We soon noticed that the text of each sermon was given according to the original Greek, the Latin Vulgate, and the Syriac version called Peshito, which he extols, and justly, according to the suffrages of the learned, as the most literally exact translation of the Bible in existence. It next struck us that he was very profuse in his quotations of Scripture, showing himself familiar with every part of the sacred volume. Thus, to shew that wealth and prosperity are unfavorable to piety, he cites in a string, Venerable Bede, John of Salisbury, Seneca's epistles, Augustine's City of God, Chrysostom's Homilies, Sallust's Jugurthine War, Petrarch's Dialogues, a legend of the emperor Constantine, his favorite Ovid's Remedium Amoris, and again De Amore, three passages from Deuteronomy, one from Ezekiel, another from Micah, two from the Psalms, one from the apocryphal Ecclesiasticus, one from the first to Timothy, with a reference to the sermon of Augustine and the Antiochian homilies of Chrysostom thereon, Ecclesiasticus again, with an amended version of the passage, the gospel of Luke, an allusion to the parable of the Sower in Matthew, the first book of Kings, the second book of Chronicles twice, and the second Book of Samuel, and finally the second Book of Kings, these last two being alleged allegorically. Here are twenty-nine authorities adduced in favor of his point; of which fifteen, or more than half, are taken from the canonical Scriptures.
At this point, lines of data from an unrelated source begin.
-- ===== src/Challenges/Timeout.antt =====
-- pallets/challenges/src/lib.rs, `is_all_timeout`: what the last activity recorded for an
-- application says about its games, and which operations keep the record up to date.
use zero_dao_node.Base.{ℕ, ◌+◌, ◌≤◌, ◌<◌, ◌≡◌, inl, inr, Bool, true, some, Option-cases, arith, u32}
use zero_dao_node.Base.StorageMap
use zero_dao_node.Base.StorageMap.{get_or, get_or-insert}
use zero_dao_node.Base.DoubleMap.{lookup-insert}
use zero_dao_node.Dispatch.{Result, ok, Result-cases}
use zero_dao_node.Primitives.Metadata.{Metadata}
use zero_dao_node.Challenges.{
  Config, State, metadata_of, mutate_metadata, after_upload, is_all_timeout, is_challenge_timeout,
}
use zero_dao_node.Challenges.Methods.{next, next_step, reply, reply_step}
use zero_dao_node.Challenges.Accounting.{mutate_metadata-ok}

module _ {W : Type 0} where
  -- `LastAt::get`
  abbrev pub last_active : ℕ → State W → ℕ
  last_active app_id s = get_or 0 app_id s.last_at

  -- No game of the application was updated after its last recorded activity.
  pub record IsRecorded (app_id : ℕ) (s : State W) : Type 0 where
    pub past : last_active app_id s ≤ s.now
    pub latest :
        (target : ℕ) (m : Metadata)
        → metadata_of app_id target s ≡ some m
        → m.last_update ≤ last_active app_id s

  mutate_metadata-IsRecorded :
      (app_id target : ℕ) (f : Metadata → State W → Result (Metadata × State W)) (s s' : State W)
      → ((m m' : Metadata) (t : State W)
          → f m s ≡ ok (m', t)
          → (t.metadatas ≡ s.metadatas)
            × (t.now ≡ s.now)
            × (t.last_at ≡ StorageMap.insert app_id s.now s.last_at))
      → IsRecorded app_id s
      → mutate_metadata app_id target f s ≡ ok s'
      → IsRecorded app_id s'
  unfolding mutate_metadata
  mutate_metadata-IsRecorded app_id target f s s' does h e =
      elim (Option-cases (metadata_of app_id target s)) [
        | inl missing ↦ absurd (ground arith)
        | inr (m, found) ↦ elim (Result-cases (f m s)) [
          | inr (x, failed) ↦ absurd (ground arith)
          | inl ((m', t), done) ↦
              let step = does m m' t done in
              let stored = record m' { last_update = s.now } in
              record {
                past = ground (arith, step, get_or-insert 0 app_id app_id s.now s.last_at);
                latest = λ other n at. ground (
                  arith,
                  step,
                  get_or-insert 0 app_id app_id s.now s.last_at,
                  lookup-insert app_id other app_id target stored s.metadatas,
                  h.latest other n,
                  h.past,
                );
              }
        ]
      ]

module _ {W : Type 0} (cfg : Config W) where
  open cfg use {challenge_timeout}

  -- Once all games of an application count as timed out, each of them has passed its timeout, if
  -- the activity record is up to date.
  pub is_all_timeout-each :
      (app_id target : ℕ) (m : Metadata) (s : State W)
      → IsRecorded app_id s
      → last_active app_id s + challenge_timeout < u32
      → is_all_timeout cfg app_id s.now s ≡ true
      → metadata_of app_id target s ≡ some m
      → is_challenge_timeout cfg m.last_update s ≡ true
  unfolding is_all_timeout
  is_all_timeout-each app_id target m s h bound all found = ground (arith, h.latest target m found)

  -- Uploading keeps the activity record up to date.
  pub next-IsRecorded :
      (app_id who target count : ℕ) (up : ℕ → ℕ → Bool → W → Result (ℕ × ℕ × W)) (s s' : State W)
      → IsRecorded app_id s
      → next cfg app_id who target count up s ≡ ok s'
      → IsRecorded app_id s'
  unfolding next after_upload
  next-IsRecorded app_id who target count up s s' h e =
      mutate_metadata-IsRecorded app_id target (next_step cfg app_id who count up) s s'
        (λ m m' t done. ground arith) h e

  -- A reply does not touch the record: where the last activity lay before the current block, the
  -- game just answered counts as updated later than the record says.
  pub reply_unrecorded :
      (app_id who target total count : ℕ) (up : Bool → ℕ → ℕ → W → Result (ℕ × W)) (s s' : State W)
      → last_active app_id s < s.now
      → reply cfg app_id who target total count up s ≡ ok s'
      → ¬ IsRecorded app_id s'
  unfolding reply
  reply_unrecorded app_id who target total count up s s' old e h =
      let f = reply_step cfg who total count up in
      let (m, m', t, found, done, put) = mutate_metadata-ok app_id target f s s' e in
      let stored = record m' { last_update = s.now } in
      let kept : t.last_at ≡ s.last_at = ground arith in
      let at : metadata_of app_id target s' ≡ some stored =
        ground (arith, lookup-insert app_id target app_id target stored t.metadatas) in
      absurd (ground (arith, kept, h.latest target stored at))
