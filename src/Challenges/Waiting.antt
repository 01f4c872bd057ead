-- ===== src/Challenges/Waiting.antt =====
-- pallets/challenges/src/lib.rs: the activity record of an application at a concrete storage.
use zero_dao_node.Base.{◌≡◌, refl, [], ◌∷◌, arith}
use zero_dao_node.Base.DoubleMap
use zero_dao_node.Base.DoubleMap.{lookup}
use zero_dao_node.Base.StorageMap.{get_or}
use zero_dao_node.Dispatch.{ok}
use zero_dao_node.Primitives.Metadata.{ChallengeStatus}
use zero_dao_node.Challenges.{State, mutate_metadata}
use zero_dao_node.Challenges.Methods.{reply}
use zero_dao_node.Challenges.Tests.{World, config, game, start}
use zero_dao_node.Challenges.Timeout.{IsRecorded, reply_unrecorded}

start-IsRecorded : IsRecorded 7 start
unfolding lookup get_or
start-IsRecorded = record { past = omega arith; latest = λ target m found. ground arith }

-- The pathfinder answers at block 200, the last recorded activity was at block 10.
abbrev asked : State World
asked = record start {
  metadatas =
      record { key1 = 7; key2 = 9; value = record game { status = ChallengeStatus.examine } } ∷ [];
}

abbrev answered : State World
answered = record start {
  metadatas =
      record {
        key1 = 7;
        key2 = 9;
        value = record game { progress = record { total = 5; done = 2 }; last_update = 200 };
      }
      ∷ [];
}

reply-asked : reply config 7 2 9 5 2 (λ done remark score w. ok (score, w)) asked ≡ ok answered
unfolding reply mutate_metadata lookup DoubleMap.insert
reply-asked = refl

reply_unrecorded_example : ¬ IsRecorded 7 answered
unfolding get_or
reply_unrecorded_example =
    reply_unrecorded config 7 2 9 5 2 (λ done remark score w. ok (score, w)) asked answered
      (omega arith) reply-asked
Instances like this, led us to think it possible, that some at least of the poor old monks were not so grossly ignorant of the letter of the Bible, as is generally believed. A slight examination of other monastic authors was sufficient to shew that in general,

there is no lack of Scripture references in their effusions. We know that it is only the "spirit that giveth life;" while the letter alone, without the spirit, only killeth. But the letter must come first in the order of nature: for nihil in affectubus, quod non prius in intellectu; "there is nothing in the affections which is not first in the understanding.'


It is natural to ask, whether the conventual discipline, which was so minute in its provisions, had any regulation on the subject of the reading and study of the Scriptures. We can only say, that the rule of St. Benedict, professedly followed by innumerable monks, makes this duty indispensable; especially in time of refection, so that body and mind might be refreshed together. The thirty-seventh chapter, "concerning the weekly reader," directs that there should be one reader for each week, that he should read at all the meals, and that no one might speak, unless the abbot or other presiding officer should choose to throw in some brief remark by way of comment. That this rule was no dead letter, is very certain: nay, so far did they carry this practice as might remind us of Captain Dugald Dalgetty's remark on the dissatisfaction of the Covenanters at brief sermons : 66 They did na like to have their allowance of spiritual provender cut short!"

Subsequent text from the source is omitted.